Report every line of the material that contains the string "InsertsCoherent".

• • •

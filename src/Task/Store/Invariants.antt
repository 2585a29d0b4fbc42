-- ===== src/Task/Store/Invariants.antt =====
-- What holds of every entry of a `TaskStore` through any sequence of calls
-- (crates/h2ai-orchestrator/src/task_store.rs).
use mathlib.Core.Path.{subst}
use h2ai_control_plane.Prelude.{
  ◌≡◌, ◌≢◌, refl, sym, true, false, Option, none, some, List, [], ◌∷◌, arith, ◌==◌, ==_iff,
  str_eq_iff, Bool-cases, ◌⊎◌, inl, inr,
}
use h2ai_control_plane.Identity.{TaskId, TenantId, UuidFormat}
use h2ai_control_plane.Task.Phase.{resolved, failed, awaiting_approval, code}
use h2ai_control_plane.Task.State.{TaskState, IsCoherent, enter, enter-InPhase}
use h2ai_control_plane.Task.Store.{
  TaskStore, with_phase, with_completed, with_validation, is_live, for_tenant, get, get_for_tenant,
  is_active,
}
use h2ai_control_plane.Task.Store.Calls.{
  Call, insert_state, phase_set, completed, validated, resolve, fail, await_approval, effect,
  history, call, calls, get-call, get-calls,
}

-- Only a coherent state is inserted.
abbrev pub InsertsCoherent : Call → Type 0
InsertsCoherent (insert_state s) = IsCoherent s
InsertsCoherent _ = Unit

abbrev OnSome : (TaskState → Type 0) → Option TaskState → Type 0
OnSome P none = Unit
OnSome P (some s) = P s

-- The calls for one task are all of a kind; the calls for other tasks are free.
abbrev pub Own : TaskId → (Call → Type 0) → List (TaskId × Call) → Type 0
Own id Allowed [] = Unit
Own id Allowed ((j, c) ∷ cs) = (j ≡ id → Allowed c) × Own id Allowed cs

module _ (P : TaskState → Type 0) (Allowed : Call → Type 0) where
  abbrev Keeps : Type 0
  Keeps = (c : Call) (o : Option TaskState) → Allowed c → OnSome P o → OnSome P (effect c o)

  history-OnSome :
      Keeps
      → (id : TaskId) (cs : List (TaskId × Call)) (o : Option TaskState) → Own id Allowed cs
      → OnSome P o
      → OnSome P (history id cs o)
  history-OnSome keep id [] o a h = h
  history-OnSome keep id ((j, c) ∷ cs) o a h = elim (Bool-cases (j == id)) [
    | inl same ↦
        rw same
          (history-OnSome keep id cs (effect c o) a.1 (keep c o (a.0 ((==_iff j id).0 same)) h))
    | inr other ↦ rw other (history-OnSome keep id cs o a.1 h)
  ]

of_OnSome :
    (P : TaskState → Type 0) (o : Option TaskState) {s : TaskState} → OnSome P o → o ≡ some s → P s
of_OnSome P o h e = subst (OnSome P) e h

-- A call keeps the three phase fields in agreement.
effect-IsCoherent : Keeps IsCoherent InsertsCoherent
effect-IsCoherent (insert_state s) o a h = a
effect-IsCoherent (phase_set p n r) none a h = tt
effect-IsCoherent (phase_set p n r) (some s) a h =
    (p, unfold with_phase enter in record { phase_eq = refl; name_eq = refl; status_eq = refl })
effect-IsCoherent completed none a h = tt
effect-IsCoherent completed (some s) a h = (
  h.0,
  unfold with_completed in
      record { phase_eq = h.1.phase_eq; name_eq = h.1.name_eq; status_eq = h.1.status_eq },
)
effect-IsCoherent (validated v) none a h = tt
effect-IsCoherent (validated true) (some s) a h = (
  h.0,
  unfold with_validation in
      record { phase_eq = h.1.phase_eq; name_eq = h.1.name_eq; status_eq = h.1.status_eq },
)
effect-IsCoherent (validated false) (some s) a h = (
  h.0,
  unfold with_validation in
      record { phase_eq = h.1.phase_eq; name_eq = h.1.name_eq; status_eq = h.1.status_eq },
)
effect-IsCoherent resolve none a h = tt
effect-IsCoherent resolve (some s) a h = (resolved, enter-InPhase resolved s)
effect-IsCoherent fail none a h = tt
effect-IsCoherent fail (some s) a h = (failed, enter-InPhase failed s)
effect-IsCoherent await_approval none a h = tt
effect-IsCoherent await_approval (some s) a h =
    (awaiting_approval, enter-InPhase awaiting_approval s)

-- A call other than an insertion or a change of phase.
abbrev pub Quiet : Call → Type 0
Quiet (insert_state s) = ⊥
Quiet (phase_set p n r) = ⊥
Quiet await_approval = ⊥
Quiet _ = Unit

abbrev pub IsFinished : TaskState → Type 0
IsFinished s = is_live s ≡ false

effect-IsFinished : Keeps IsFinished Quiet
unfolding is_live with_completed with_validation enter
effect-IsFinished (insert_state s) o a h = absurd a
effect-IsFinished (phase_set p n r) o a h = absurd a
effect-IsFinished await_approval o a h = absurd a
effect-IsFinished c none a h = tt
effect-IsFinished completed (some s) a h = h
effect-IsFinished (validated true) (some s) a h = h
effect-IsFinished (validated false) (some s) a h = h
effect-IsFinished resolve (some s) a h = refl
effect-IsFinished fail (some s) a h = refl

-- Insertions keep the tenant of a task.
abbrev pub KeepsTenant : TenantId → Call → Type 0
KeepsTenant t (insert_state s) = s.tenant_id ≡ t
KeepsTenant t _ = Unit

effect-tenant_id : (t : TenantId) → Keeps (λ s. s.tenant_id ≡ t) (KeepsTenant t)
unfolding with_phase with_completed with_validation enter
effect-tenant_id t (insert_state s) o a h = a
effect-tenant_id t c none a h = tt
effect-tenant_id t (validated true) (some s) a h = h
effect-tenant_id t (validated false) (some s) a h = h
effect-tenant_id t _ (some s) a h = h

module _ (uuid : UuidFormat) (store : TaskStore) (cs : List (TaskId × Call)) (id : TaskId) where
  calls-OnSome :
      (P : TaskState → Type 0) (Allowed : Call → Type 0)
      → Keeps P Allowed
      → Own id Allowed cs
      → OnSome P (get uuid store id)
      → OnSome P (get uuid (calls uuid store cs) id)
  calls-OnSome P Allowed keep a h =
      subst (OnSome P) (sym (get-calls uuid store cs id))
        (history-OnSome P Allowed keep id cs (get uuid store id) a h)

OnSome-of :
    (P : TaskState → Type 0) (o : Option TaskState)
    → ((s : TaskState) → o ≡ some s → P s)
    → OnSome P o
OnSome-of P none f = tt
OnSome-of P (some s) f = f s refl

effect-finishes :
    (c : Call) (o : Option TaskState) → (c ≡ resolve) ⊎ (c ≡ fail) → OnSome IsFinished (effect c o)
unfolding is_live enter code
effect-finishes c none e = ground arith
effect-finishes c (some s) e = ground arith

same_id : (id : TaskId) → (id == id) ≡ true
same_id id = ground arith

foreign :
    (o : Option TaskState) (t u : TenantId)
    → u ≢ t
    → OnSome (λ s. s.tenant_id ≡ t) o
    → for_tenant u o ≡ none
unfolding for_tenant
foreign none t u ne h = refl
foreign (some s) t u ne h = ground (arith, str_eq_iff s.tenant_id u)

module _ (uuid : UuidFormat) where
  -- If every state of the store is coherent (its `phase`, `phase_name` and `status` name one phase),
  -- then after any calls the state of a task is coherent, if the states inserted for it are.
  pub calls-IsCoherent :
      (store : TaskStore) (cs : List (TaskId × Call))
      → ((id : TaskId) (s : TaskState) → get uuid store id ≡ some s → IsCoherent s)
      → (id : TaskId) (s : TaskState) → Own id InsertsCoherent cs
      → get uuid (calls uuid store cs) id ≡ some s
      → IsCoherent s
  calls-IsCoherent store cs old id s ins e =
      of_OnSome IsCoherent _
        (calls-OnSome uuid store cs id IsCoherent InsertsCoherent effect-IsCoherent ins
          (OnSome-of IsCoherent _ (old id)))
        e

  is_active-eq-false :
      (store : TaskStore) (id : TaskId)
      → OnSome IsFinished (get uuid store id)
      → is_active uuid store id ≡ false
  unfolding is_active get
  is_active-eq-false store id h = ground arith

  first-IsFinished :
      (store : TaskStore) (id : TaskId) (c : Call)
      → (c ≡ resolve) ⊎ (c ≡ fail)
      → OnSome IsFinished (get uuid (call uuid store id c) id)
  first-IsFinished store id c e =
      rw (get-call, same_id id) (effect-finishes c (get uuid store id) e)

  -- Once a task is marked resolved or failed it is not active, whatever completions, validations and
  -- further marks follow for it, and whatever calls for other tasks.
  pub is_active-finished :
      (store : TaskStore) (id : TaskId) (c : Call) (cs : List (TaskId × Call))
      → (c ≡ resolve) ⊎ (c ≡ fail)
      → Own id Quiet cs
      → is_active uuid (calls uuid (call uuid store id c) cs) id ≡ false
  is_active-finished store id c cs e quiet =
      is_active-eq-false (calls uuid (call uuid store id c) cs) id (
        calls-OnSome uuid (call uuid store id c) cs id IsFinished Quiet effect-IsFinished quiet
          (first-IsFinished store id c e))

  foreign_tenant :
      (store : TaskStore) (id : TaskId) (t u : TenantId)
      → u ≢ t
      → OnSome (λ s. s.tenant_id ≡ t) (get uuid store id)
      → get_for_tenant uuid store id u ≡ none
  unfolding get_for_tenant get
  foreign_tenant store id t u ne h = foreign _ t u ne h

  -- While the insertions keep the tenant `t` of a task, no other tenant can read the task.
  pub get_for_tenant-foreign :
      (store : TaskStore) (cs : List (TaskId × Call)) (id : TaskId) (t u : TenantId)
      → u ≢ t
      → ((s : TaskState) → get uuid store id ≡ some s → s.tenant_id ≡ t)
      → Own id (KeepsTenant t) cs
      → get_for_tenant uuid (calls uuid store cs) id u ≡ none
  get_for_tenant-foreign store cs id t u ne old keep =
      foreign_tenant (calls uuid store cs) id t u ne (
        calls-OnSome uuid store cs id (λ s. s.tenant_id ≡ t) (KeepsTenant t) (effect-tenant_id t)
          keep (OnSome-of (λ s. s.tenant_id ≡ t) _ old))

• • •

> _EXERCISE RESPONSE_:
abbrev pub InsertsCoherent : Call → Type 0
InsertsCoherent (insert_state s) = IsCoherent s
InsertsCoherent _ = Unit
effect-IsCoherent : Keeps IsCoherent InsertsCoherent
      → (id : TaskId) (s : TaskState) → Own id InsertsCoherent cs
        (calls-OnSome uuid store cs id IsCoherent InsertsCoherent effect-IsCoherent ins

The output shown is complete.